As MAIs are either of general-purpose or tailor-made for a clinical specialty, their stress tests will be different. For a general-purpose MAI, the tests should consist of as many clinical conditions as possible, yet it is important to avoid bias in the distribution of different conditions. For an MAI targeting a clinical specialty, it is important for its tests to include not only the disease of interest, but also healthy controls, differential diagnosis patients of other conditions and patients with the targeted disease who also have comorbidities.

Being highly non-linear, an MAI may experience substantial changes in its performance with adjustment of design, fine-tuning of hyperparameters and addition of training data. Under stress tests, it is important that the performance of an MAI after upgrades is comprehensively assessed. This includes, but not limited to, achieving an equal or better sensitivity, specificity and test-retest reliability.
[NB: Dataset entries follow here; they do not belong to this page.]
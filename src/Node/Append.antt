-- ===== src/Node/Append.antt =====
-- The follower's side of replication (rsm/node.py, `_on_append`): what its loop makes of a log.
use replicated_state_machine.Prelude.{
  ℕ, suc, ◌+◌, ◌-◌, ◌≤◌, ◌<◌, ◌≡◌, refl, sym, ap, ◌∙◌, subst, inl, inr, Bool-cases, some, List, [],
  ◌∷◌, ◌++◌, length, take, get_elem?, All, arith, leb, ◌==◌, ==→eq,
}
use replicated_state_machine.Prelude.{
  get_elem?-take, get_elem?-snoc, length-take, take-append, take-take, leb→le, ltb, ltb→lt,
  if◌then◌else◌,
}
use replicated_state_machine.Errors.{ok, some-injective}
use replicated_state_machine.Log.{Entry, Log, last_index, holds, at, term_at, push}
use replicated_state_machine.Log.Shape.{Placed, InPlace, last_index-eq, push-Placed}
use replicated_state_machine.Log.Access.{at-held, term_at-total}
use replicated_state_machine.Log.Change.{
  cut, cut-Placed, last_index-cut, last_index-push, truncate_from-cut,
}
use replicated_state_machine.Node.Follower.{take_entry, take_entries}

-- Two logs with one snapshot that agree on the entries up to index `p`.
pub record AgreeUpTo (p : ℕ) (l m : Log) : Type 0 where
  pub snapshot : m.snapshot_index ≡ l.snapshot_index
  pub snapshot_term : m.snapshot_term ≡ l.snapshot_term
  pub prefix : take (p - l.snapshot_index) m.entries ≡ take (p - l.snapshot_index) l.entries

-- What a follower's log `m` is after it has taken an entry with index `p + 1` into `l`.
pub record Taken (p : ℕ) (e : Entry) (l m : Log) : Type 0 where
  pub placed : Placed m
  pub reaches : suc p ≤ last_index m
  pub carries : term_at m (suc p) ≡ ok e.term
  pub keeps : AgreeUpTo p l m

-- A pushed entry is read back.
term_at-push :
    (l : Log) (e : Entry) (p : ℕ)
    → Placed l
    → last_index l ≡ p
    → e.index ≡ suc p
    → term_at (push l e) (suc p) ≡ ok e.term
unfolding term_at at
term_at-push l e p h la ix = ground (
  arith,
  last_index-push l e,
  last_index-eq l h,
  get_elem?-snoc l.entries e,
  ap (λ k. get_elem? (l.entries ++ e ∷ []) k) (position l p h la),
)
  where
    position :
        (l : Log) (p : ℕ)
        → Placed l
        → last_index l ≡ p
        → suc p - (l.snapshot_index + 1) ≡ length l.entries
    position l p h la = omega (arith, last_index-eq l h)

AgreeUpTo-refl : (p : ℕ) (l : Log) → AgreeUpTo p l l
AgreeUpTo-refl p l = record { snapshot = refl; snapshot_term = refl; prefix = refl }

-- Agreement up to an index, then up to the next one, is agreement up to the first.
AgreeUpTo-trans :
    (p : ℕ) (l m k : Log)
    → l.snapshot_index ≤ p
    → AgreeUpTo p l m
    → AgreeUpTo (suc p) m k
    → AgreeUpTo p l k
AgreeUpTo-trans p l m k lo a b = record {
  snapshot = b.snapshot ∙ a.snapshot;
  snapshot_term = b.snapshot_term ∙ a.snapshot_term;
  prefix =
      let n = p - l.snapshot_index in
      let le : n ≤ suc p - m.snapshot_index = omega (arith, a.snapshot) in
      sym (take-take n (suc p - m.snapshot_index) k.entries le)
      ∙ ap (take n) b.prefix
      ∙ take-take n (suc p - m.snapshot_index) m.entries le
      ∙ a.prefix;
}

module _ (p : ℕ) (e : Entry) (l : Log) (h : Placed l) (lo : l.snapshot_index ≤ p)
    (hi : p ≤ last_index l) (ix : e.index ≡ suc p) where
  abbrev kept : Log
  kept = cut l (suc p)

  -- the entry conflicts with one that is held
  Taken-cut : suc p ≤ last_index l → Taken p e l (push kept e)
  Taken-cut held =
      let n = p - l.snapshot_index in
      let en : suc p - (l.snapshot_index + 1) ≡ n = omega arith in
      let la : last_index kept ≡ p = omega (arith, last_index-cut l (suc p) h (omega arith) held) in
      let pk : Placed kept = cut-Placed l (suc p) h in
      record {
        placed = push-Placed kept e pk (ix ∙ ap suc (sym la));
        reaches = omega (arith, last_index-push kept e);
        carries = term_at-push kept e p pk la ix;
        keeps = record {
          snapshot = refl;
          snapshot_term = refl;
          prefix = rw en (
              take-append n (take n l.entries) (e ∷ [])
                (omega (arith, length-take n l.entries, last_index-eq l h))
              ∙ take-take n n l.entries (omega arith));
        };
      }

  -- the entry is the next one
  Taken-push : last_index l ≡ p → Taken p e l (push l e)
  Taken-push la = record {
    placed = push-Placed l e h (ix ∙ ap suc (sym la));
    reaches = omega (arith, last_index-push l e);
    carries = term_at-push l e p h la ix;
    keeps = record {
      snapshot = refl;
      snapshot_term = refl;
      prefix =
          take-append (p - l.snapshot_index) l.entries (e ∷ []) (omega (arith, last_index-eq l h));
    };
  }

  take_entry-held :
      (t : ℕ)
      → suc p ≤ last_index l
      → term_at l (suc p) ≡ ok t
      → take_entry l e ≡ (if t == e.term then ok l else ok (push kept e))
  unfolding take_entry holds
  take_entry-held t held q =
      let la = last_index-cut l (suc p) h (omega arith) held in
      let c = truncate_from-cut l (suc p) h (omega arith) held in simp ix (ground (arith, q, c, la))

  take_entry-next : last_index l ≡ p → take_entry l e ≡ ok (push l e)
  unfolding take_entry holds
  take_entry-next la = ground arith

  take_entry-Taken : (m : Log) × (take_entry l e ≡ ok m) × Taken p e l m
  take_entry-Taken = elim (Bool-cases (leb (suc p) (last_index l))) [
    | inr end ↦
        let la : last_index l ≡ p = ground arith in (push l e, take_entry-next la, Taken-push la)
    | inl held ↦
        let le = leb→le (suc p) (last_index l) held in
        let (t, q) = term_at-total l (suc p) h (omega arith) le in
        elim (Bool-cases (t == e.term)) [
          | inl same ↦ (
            l,
            take_entry-held t le q ∙ rw same refl,
            record {
              placed = h;
              reaches = le;
              carries = q ∙ ap ok (==→eq t e.term same);
              keeps = AgreeUpTo-refl p l;
            },
          )
          | inr other ↦ (push kept e, take_entry-held t le q ∙ rw other refl, Taken-cut le)
        ]
  ]

-- Logs that agree up to an index have the same terms there.
term_at-AgreeUpTo :
    (p i : ℕ) (l m : Log)
    → Placed l
    → Placed m
    → AgreeUpTo p l m
    → i ≤ p
    → l.snapshot_index ≤ i
    → i ≤ last_index l
    → i ≤ last_index m
    → term_at m i ≡ term_at l i
unfolding term_at
term_at-AgreeUpTo p i l m h k a ip lo il im = elim (Bool-cases (ltb l.snapshot_index i)) [
  | inr bottom ↦ ground (arith, a.snapshot, a.snapshot_term)
  | inl above ↦
      let (e, qe, _, ge) = at-held l i h (ltb→lt _ _ above) il in
      let (f, qf, _, gf) = at-held m i k (omega (arith, a.snapshot, ltb→lt _ _ above)) im in
      let n = p - l.snapshot_index in
      let j = i - (l.snapshot_index + 1) in
      let inside : j < n = omega (arith, ltb→lt _ _ above) in
      let same : get_elem? m.entries j ≡ get_elem? l.entries j =
        sym (get_elem?-take n j m.entries inside)
        ∙ ap (λ x. get_elem? x j) a.prefix
        ∙ get_elem?-take n j l.entries inside in
      let gf' : get_elem? m.entries j ≡ some f =
        subst (λ s. get_elem? m.entries (i - (s + 1)) ≡ some f) a.snapshot gf in
      let eq : f ≡ e = some-injective (sym gf' ∙ same ∙ ge) in
      ground (arith, a.snapshot, a.snapshot_term)
]

-- What the loop of `_on_append` makes of a log that holds the index `p` before the entries.
pub record Accepted (p : ℕ) (es : List Entry) (l m : Log) : Type 0 where
  pub placed : Placed m
  pub reaches : p + length es ≤ last_index m
  pub carries : All (λ e. term_at m e.index ≡ ok e.term) es
  pub keeps : AgreeUpTo p l m

-- A log that holds the index before a message's entries takes them all without an error: then it
-- has the message's term at each of their indices, it is in shape, and up to the index before
-- them it is as it was.
pub take_entries-Accepted :
    (es : List Entry) (p : ℕ) (l : Log)
    → Placed l
    → l.snapshot_index ≤ p
    → p ≤ last_index l
    → InPlace p es
    → (m : Log) × (take_entries l es ≡ ok m) × Accepted p es l m
unfolding take_entries
take_entries-Accepted [] p l h lo hi ix = (
  l,
  refl,
  record { placed = h; reaches = omega arith; carries = tt; keeps = AgreeUpTo-refl p l },
)
take_entries-Accepted (e ∷ es) p l h lo hi ix =
    let (k, q, t) = take_entry-Taken p e l h lo hi ix.0 in
    let (m, r, a) =
      take_entries-Accepted es (suc p) k t.placed (omega (arith, t.keeps.snapshot)) t.reaches
        ix.1 in
    (
      m,
      rw q r,
      record {
        placed = a.placed;
        reaches = omega (arith, a.reaches);
        carries = (
          subst (λ i. term_at m i ≡ ok e.term) (sym ix.0)
              (term_at-AgreeUpTo (suc p) (suc p) k m t.placed a.placed a.keeps (omega arith)
                  (omega (arith, t.keeps.snapshot)) t.reaches (omega (arith, a.reaches))
                ∙ t.carries),
          a.carries,
        );
        keeps = AgreeUpTo-trans p l k m lo t.keeps a.keeps;
      },
    )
Stress tests also evolve with the stakeholder landscape, which changes over time. Many factors influence the stakeholder landscape, including but not limited to the legal framework for MAI adoption, regulation on safety of MAI products, data privacy, liability and reimbursement policies. Ethical guidance is another important factor influencing the stakeholder landscape as it addresses bias, fairness, transparency and accountability in MAI development and use. When such factors change, it is likely that our requirements and design for sound stress tests need to change in response.